Sure. So if BMW or any of the other editors in Forth is to be
extended to work with xchars, they need some changes. The point is
that most applications around need changes only in a few places (or,
if they are lucky, nowhere), not everywhere where strings are handled.

>Anyway, using "variable length" Xchars turns the easiest of
>text editing tasks into the most complex. I'm talking about
>"overwrite mode". With fixed length chars that simply means
>replacing one char with another. But with variable length
>chars you'd have to do a deletion/insertion because you
>couldn't be sure ahead of time if the new char would be the
>same length as the char it was replacing.

So what? Unless the editor is optimized for overwrite-only, turning
an overwrite into a delete-forward followed by an insert should be
peanuts.

BTW, overwriting a character with another does not necessarily mean
replacing a character with another. E.g., in the buffer
representation I used in my last editor (hole at the cursor),
overwriting a character means deleting a character from the
behind-cursor part of the buffer, and inserting the replacement at the
before-cursor part, even for fixed-width characters. Alternatively,
you could replace the character in-place in the behind-cursor part,
then do a cursor-right, which in turn consists of deleting the char
from the behind-cursor part, and inserting it at the before-cursor
part. As you can see, that data structure is optimized for inserting
and deleting.

>> In most cases you deal with strings of characters, or you can write
>> the code such that it works on strings (see the scan2 example). And
>> for that kind of code, variable-width characters (done the right way)
>> work just as well as fixed-width characters, so why deal with all the
>> trouble that widening fixed-width characters would cause?
>>
>> - anton
>
>What "trouble" do you see widening fixed-width chars causing?
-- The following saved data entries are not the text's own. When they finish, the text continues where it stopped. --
-- ===== src/Apps/Synced.antt =====
-- What `syncSessionApps` of waha-plus/src/apps/app_sdk/services/AppsEnabledService.ts leaves, step by
-- step: the apps that were given so far are kept, each under its id.
use aira_relay.Base.{
  Bool, false, some, List, [], ◌∷◌, Text, text_eq, text_eq_iff, text_eq_refl, ◌≡◌, ◌≢◌, refl, ap,
  ◌∙◌, arith,
}
use aira_relay.Apps.{App, Row, AppsTable}
use aira_relay.Apps.Repository.{new_row, changed}
use aira_relay.Apps.Rows.{OwnId, Inserted, Updated, Deleted}
use aira_relay.Apps.Syncing.{sync_id, sync_app}

-- The app stands in the table as it was given: under its own id, if it has one, and enabled as it says,
-- if it does.
pub record IsKept (table : AppsTable) (session : Text) (e : table.Rows) (a : App) (i : Text)
    (r : Row) : Type 0 where
  pub row : table.first e i ≡ some r
  pub of_session : r.session ≡ session
  pub of_kind : r.app ≡ a.app
  pub configured : r.config ≡ a.config
  pub enabled : (b : Bool) → a.enabled ≡ some b → r.enabled ≡ b
  pub own : OwnId a i

-- The apps are of pairwise different kinds, and of others than those done before.
abbrev pub Differ : App → List App → Type 0
Differ a [] = Unit
Differ a (b ∷ bs) = (b.app ≢ a.app) × Differ a bs

abbrev pub AllDiffer : (done : List App) → List App → Type 0
AllDiffer done [] = Unit
AllDiffer done (a ∷ given) = Differ a done × AllDiffer (a ∷ done) given

module _ (table : AppsTable) (session : Text) where
  abbrev pub Kept : table.Rows → App → Text → Type 0
  Kept e a i = (r : Row) × IsKept table session e a i r

  -- The apps and their ids, one by one.
  abbrev pub AllKept : table.Rows → List App → List Text → Type 0
  AllKept e [] [] = Unit
  AllKept e [] (i ∷ ids) = ⊥
  AllKept e (a ∷ given) [] = ⊥
  AllKept e (a ∷ given) (i ∷ ids) = Kept e a i × AllKept e given ids

  own-sync_id :
      (existing : List App) (a : App) (i : Text) → OwnId (sync_app session existing a) i → OwnId a i
  unfolding sync_id
  own-sync_id existing a i own = own_of a.id refl
    where
      own_of : (id : Text) → a.id ≡ id → OwnId a i
      own_of [] e n = absurd (ground arith)
      own_of (c ∷ id) e n = ground (arith)

  pub Inserted-Kept :
      (existing : List App) (a : App) (i : Text) (d e : table.Rows)
      → OwnId (sync_app session existing a) i
      → Inserted table (record (sync_app session existing a) { id = i }) d e
      → Kept e a i
  unfolding new_row
  Inserted-Kept existing a i d e own h =
      let b = record (sync_app session existing a) { id = i } in
      (
        new_row b,
        record {
          row = h.rows i ∙ rw (text_eq_refl i) refl;
          of_session = refl;
          of_kind = refl;
          configured = refl;
          enabled = λ x k. rw k refl;
          own = own-sync_id existing a i own;
        },
      )

  pub Updated-Kept :
      (existing : List App) (a : App) (old : Row) (d e : table.Rows)
      → Updated table (sync_app session existing a) old d e
      → Kept e a (sync_id existing a)
  unfolding changed
  Updated-Kept existing a old d e h =
      let b = sync_app session existing a in
      (
        changed b old,
        record {
          row = h.rows b.id ∙ rw (text_eq_refl b.id) refl;
          of_session = refl;
          of_kind = refl;
          configured = refl;
          enabled = λ x k. rw k refl;
          own = own-sync_id existing a b.id (λ _. refl);
        },
      )

  -- A row stays through what happens to other rows.
  stays :
      (d e : table.Rows) (a : App) (i : Text) (k : Kept d a i)
      → table.first e i ≡ table.first d i
      → Kept e a i
  stays d e a i (r, k) h = (
    r,
    record {
      row = h ∙ k.row;
      of_session = k.of_session;
      of_kind = k.of_kind;
      configured = k.configured;
      enabled = k.enabled;
      own = k.own;
    },
  )

  pub Inserted-stays :
      (b : App) (d e : table.Rows) (a : App) (i : Text)
      → Inserted table b d e
      → Kept d a i
      → Kept e a i
  Inserted-stays b d e a i h (r, k) =
      stays d e a i (r, k)
        (ground (arith, h.rows i, h.free, k.row, text_eq_iff b.id i, ap (table.first d)))

  Updated-stays :
      (b : App) (old : Row) (d e : table.Rows) (a : App) (i : Text)
      → a.app ≢ b.app
      → Updated table b old d e
      → Kept d a i
      → Kept e a i
  Updated-stays b old d e a i n h (r, k) =
      stays d e a i (r, k)
        (ground (
          arith,
          n,
          h.rows i,
          h.found,
          h.same_app,
          k.row,
          k.of_kind,
          text_eq_iff b.id i,
          ap (table.first d),
        ))

  pub Deleted-stays :
      (old : Row) (d e : table.Rows) (a : App) (i : Text)
      → text_eq old.id i ≡ false
      → Deleted table old d e
      → Kept d a i
      → Kept e a i
  Deleted-stays old d e a i n h k = stays d e a i k (ground (arith, h.rows i))

  -- So all that were kept are, where every one of them is.
  pub all_stay :
      (d e : table.Rows) (given : List App) (ids : List Text)
      → ((a : App) (i : Text) → Kept d a i → Kept e a i)
      → AllKept d given ids
      → AllKept e given ids
  all_stay d e [] [] h k = tt
  all_stay d e [] (i ∷ ids) h k = k
  all_stay d e (a ∷ given) [] h k = k
  all_stay d e (a ∷ given) (i ∷ ids) h (k, ks) = (h a i k, all_stay d e given ids h ks)

  pub all_others_stay :
      (b : App) (old : Row) (d e : table.Rows) (given : List App) (ids : List Text)
      → Differ b given
      → Updated table b old d e
      → AllKept d given ids
      → AllKept e given ids
  all_others_stay b old d e [] [] n h k = tt
  all_others_stay b old d e [] (i ∷ ids) n h k = k
  all_others_stay b old d e (a ∷ given) [] n h k = k
  all_others_stay b old d e (a ∷ given) (i ∷ ids) (n, ns) h (k, ks) =
      (Updated-stays b old d e a i n h k, all_others_stay b old d e given ids ns h ks)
That depends on how you do it:

- make 1 CHARS > 1: lots of code breaks.

- add widechars: the transition from ordinary chars to widechars is
harder than the transition to xchars. And you have to transition
large parts of an application at the same time.
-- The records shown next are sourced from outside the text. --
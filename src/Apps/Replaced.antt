-- ===== src/Apps/Replaced.antt =====
-- The two loops of `syncSessionApps` of waha-plus/src/apps/app_sdk/services/AppsEnabledService.ts.
use aira_relay.Base.{
  Bool, true, false, not, Option, some, List, [], ◌∷◌, Text, text_eq, text_eq_iff, contains, map,
  ◌≡◌, ◌⊎◌, inl, inr, refl, sym, ap, ◌∙◌, subst, arith, Bool-cases,
}
use aira_relay.Base.Results.{Result, ok, err, M, ◌>>◌, when, pure}
use aira_relay.Base.Keeping.{through, when_then}
use aira_relay.Apps.{App, Row, AppsTable}
use aira_relay.Apps.Repository.{Store, deserialize, changed}
use aira_relay.Apps.Service.{Services, delete_app}
use aira_relay.Apps.Rows.{Inserted, Updated, Deleted}
use aira_relay.Apps.Creation.{CreatedAs}
use aira_relay.Apps.Changes.{UpdatedTo, upsert_app-UpsertedTo, DeletedFrom, delete_app-DeletedFrom}
use aira_relay.Apps.Syncing.{sync_app, upserted_id, upsert_app, upsert_each, delete_others}
use aira_relay.Apps.Synced.{
  Differ, AllDiffer, AllKept, Inserted-Kept, Updated-Kept, Inserted-stays, Deleted-stays, all_stay,
  all_others_stay,
}

-- The apps in the order in which the loop is done with them.
abbrev pub rev_append : List App → List App → List App
rev_append [] done = done
rev_append (a ∷ given) done = rev_append given (a ∷ done)

abbrev pub app_ids : List App → List Text
app_ids = map (λ (a : App). a.id)

module _ (table : AppsTable) (services : Services) {S : Type 0} (exists : Text → M S Bool)
    (session : Text) where
  abbrev W : Type 0
  W = S × Store table

  -- Every app of the session has one of these ids.
  abbrev pub Known : table.Rows → (ids more : List Text) → Type 0
  Known e ids more =
      (i : Text) (r : Row)
      → table.first e i ≡ some r
      → r.session ≡ session
      → (contains ids i ≡ true) ⊎ (contains more i ≡ true)

  Inserted-Known :
      (b : App) (d e : table.Rows) (ids more : List Text)
      → Inserted table b d e
      → Known d ids more
      → Known e (b.id ∷ ids) more
  unfolding contains
  Inserted-Known b d e ids more h n i r f s = elim (Bool-cases (text_eq b.id i)) [
    | inl same ↦ inl (rw same refl)
    | inr other ↦ rw other (n i r (ground (arith, h.rows i)) s)
  ]

  Updated-Known :
      (b : App) (old : Row) (d e : table.Rows) (ids more : List Text)
      → Updated table b old d e
      → Known d ids more
      → Known e (b.id ∷ ids) more
  unfolding contains
  Updated-Known b old d e ids more h n i r f s = elim (Bool-cases (text_eq b.id i)) [
    | inl same ↦ inl (rw same refl)
    | inr other ↦ rw other (n i r (ground (arith, h.rows i)) s)
  ]

  Deleted-Known :
      (old : Row) (d e : table.Rows) (ids more : List Text)
      → Deleted table old d e
      → Known d ids (old.id ∷ more)
      → Known e ids more
  unfolding contains
  Deleted-Known old d e ids more h n i r f s =
      let other : text_eq old.id i ≡ false = ground (arith, h.rows i) in
      rw other at (n i r (ground (arith, h.rows i)) s)

  listed-Known :
      (k : Text) (d : table.Rows) (ids more : List Text)
      → contains ids k ≡ true
      → Known d ids (k ∷ more)
      → Known d ids more
  unfolding contains
  listed-Known k d ids more h n i r f s = elim (n i r f s) [
    | inl l ↦ inl l
    | inr l ↦ ground (arith, text_eq_iff k i, ap (contains ids))
  ]

  -- One round of the first loop.
  abbrev Round :
      List App → List App → List Text → List Text → App → W × Result (Option App) → Type 0
  Round existing done ids more a (v, err e) = Unit
  Round existing done ids more a (v, ok saved) =
      let i = upserted_id (sync_app session existing a) saved in
      AllKept table session v.1.rows (a ∷ done) (i ∷ ids) × Known v.1.rows (i ∷ ids) more

  created-Round :
      (existing done : List App) (ids more : List Text) (a : App) (d : table.Rows)
      (x : W × Result (Option App))
      → AllKept table session d done ids
      → Known d ids more
      → CreatedAs table services exists (sync_app session existing a) d x
      → Round existing done ids more a x
  created-Round existing done ids more a d (v, err e) k n h = tt
  created-Round existing done ids more a d (v, ok saved) k n (i, own, e, h) =
      let b = record (sync_app session existing a) { id = i } in
      rw e (
        (
          Inserted-Kept table session existing a i d v.1.rows own h,
          all_stay table session d v.1.rows done ids
              (λ c j. Inserted-stays table session b d v.1.rows c j h) k,
        ),
        λ j r f s. Inserted-Known b d v.1.rows ids more h n j r f s,
      )

  updated-Round :
      (existing done : List App) (ids more : List Text) (a : App) (d : table.Rows)
      (x : W × Result (Option App))
      → Differ a done
      → AllKept table session d done ids
      → Known d ids more
      → UpdatedTo table services exists (sync_app session existing a) d x
      → Round existing done ids more a x
  unfolding deserialize changed
  updated-Round existing done ids more a d (v, err e) u k n h = tt
  updated-Round existing done ids more a d (v, ok saved) u k n (old, h, e) =
      let b = sync_app session existing a in
      rw e (
        (
          Updated-Kept table session existing a old d v.1.rows h,
          all_others_stay table session b old d v.1.rows done ids u h k,
        ),
        λ j r f s. Updated-Known b old d v.1.rows ids more h n j r f s,
      )

  upsert-Round :
      (existing done : List App) (ids more : List Text) (a : App) (u : W)
      → Differ a done
      → AllKept table session u.1.rows done ids
      → Known u.1.rows ids more
      → Round existing done ids more a
          (upsert_app table services exists (sync_app session existing a) u)
  upsert-Round existing done ids more a u w k n =
      let b = sync_app session existing a in
      let x = upsert_app table services exists b u in
      elim (upsert_app-UpsertedTo table services exists b u) [
        | inl h ↦ created-Round existing done ids more a u.1.rows x k n h.1
        | inr h ↦ updated-Round existing done ids more a u.1.rows x w k n h
      ]

  -- The first loop.
  abbrev pub Upserted : List App → List Text → W × Result (List Text) → Type 0
  Upserted given more (v, err e) = Unit
  Upserted given more (v, ok ids) =
      AllKept table session v.1.rows given ids × Known v.1.rows ids more

  pub upsert_each-Upserted :
      (existing done given : List App) (ids more : List Text) (u : W)
      → AllDiffer done given
      → AllKept table session u.1.rows done ids
      → Known u.1.rows ids more
      → Upserted
          (rev_append given done)
          more
          (upsert_each table services exists session existing given ids u)
  unfolding upsert_each
  upsert_each-Upserted existing done [] ids more u w k n = (k, n)
  upsert_each-Upserted existing done (a ∷ given) ids more u (w, ws) k n =
      let b = sync_app session existing a in
      through (Upserted (rev_append given (a ∷ done)) more) (Round existing done ids more a)
        (upsert_app table services exists b)
        (λ saved.
          upsert_each table services exists session existing given (upserted_id b saved ∷ ids))
        u (upsert-Round existing done ids more a u w k n) (λ e v h. tt)
        λ saved v h.
          upsert_each-Upserted existing (a ∷ done) given (upserted_id b saved ∷ ids) more v ws h.0
            h.1

  -- The second loop leaves what the first kept, and no other app of the session.
  all_left_stay :
      (old : Row) (d e : table.Rows) (given : List App) (ids : List Text)
      → contains ids old.id ≡ false
      → Deleted table old d e
      → AllKept table session d given ids
      → AllKept table session e given ids
  unfolding contains
  all_left_stay old d e [] [] c h k = tt
  all_left_stay old d e [] (i ∷ ids) c h k = k
  all_left_stay old d e (a ∷ given) [] c h k = k
  all_left_stay old d e (a ∷ given) (i ∷ ids) c h (k, ks) = (
    Deleted-stays table session old d e a i
        (ground (arith, text_eq_iff old.id i, text_eq_iff i old.id)) h k,
    all_left_stay old d e given ids (ground arith) h ks,
  )

  abbrev pub Only : {A : Type 0} → List App → (ids more : List Text) → W × Result A → Type 0
  Only given ids more (v, err e) = Unit
  Only given ids more (v, ok _) = AllKept table session v.1.rows given ids × Known v.1.rows ids more

  deleted-Only :
      (given : List App) (ids more : List Text) (id : Text) (d : table.Rows) (x : W × Result App)
      → contains ids id ≡ false
      → AllKept table session d given ids
      → Known d ids (id ∷ more)
      → DeletedFrom table services exists id d x
      → Only given ids more x
  deleted-Only given ids more id d (v, err e) c k n h = tt
  deleted-Only given ids more id d (v, ok a) c k n (old, i, _, h) = (
    all_left_stay old d v.1.rows given ids (ap (contains ids) i ∙ c) h k,
    Deleted-Known old d v.1.rows ids more h (subst (λ j. Known d ids (j ∷ more)) (sym i) n),
  )

  pub delete_others-Only :
      (given existing : List App) (ids : List Text) (u : W)
      → AllKept table session u.1.rows given ids
      → Known u.1.rows ids (app_ids existing)
      → Only given ids [] (delete_others table services exists ids existing u)
  unfolding delete_others
  delete_others-Only given [] ids u k n = (k, n)
  delete_others-Only given (app ∷ rest) ids u k n =
      let more = app_ids rest in
      let delete = delete_app table services exists app.id in
      through (λ x. Only given ids [] x) (λ x. Only given ids more x)
        (when (not (contains ids app.id)) (delete >> pure tt))
        (λ _. delete_others table services exists ids rest) u
        (when_then (λ x. Only given ids more x) (not (contains ids app.id)) (delete >> pure tt) u
          (λ c. (k, listed-Known app.id u.1.rows ids more (ground arith) n))
          (λ c.
            through (λ x. Only given ids more x) (λ x. Only given ids more x) delete (λ _. pure tt)
              u
              (deleted-Only given ids more app.id u.1.rows (delete u) (ground arith) k n
                (delete_app-DeletedFrom table services exists app.id u))
              (λ e v h. tt) (λ a v h. h)))
        (λ e v h. tt) (λ _ v h. delete_others-Only given rest ids v h.0 h.1)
>It seems quite simple to me. In fact all of the words in the
>XChar wordset can be trivially implemented if you assume fixed
>char width.

Yes. However, using UTF-32 (i.e., fixed-width) xchars with 8-bit
chars would mean that a string containing ASCII characters would be
represented as xchars differently from chars. So, should string words
like READ-LINE produce an xchar string or a char string? Ypu would
have to introduce another set of string words, like for widechars.
And while we are at it, you probably should be using widechars anyway,
because they are designed for fixed-width encodings, whereas xchars
are designed for variable-width encodings.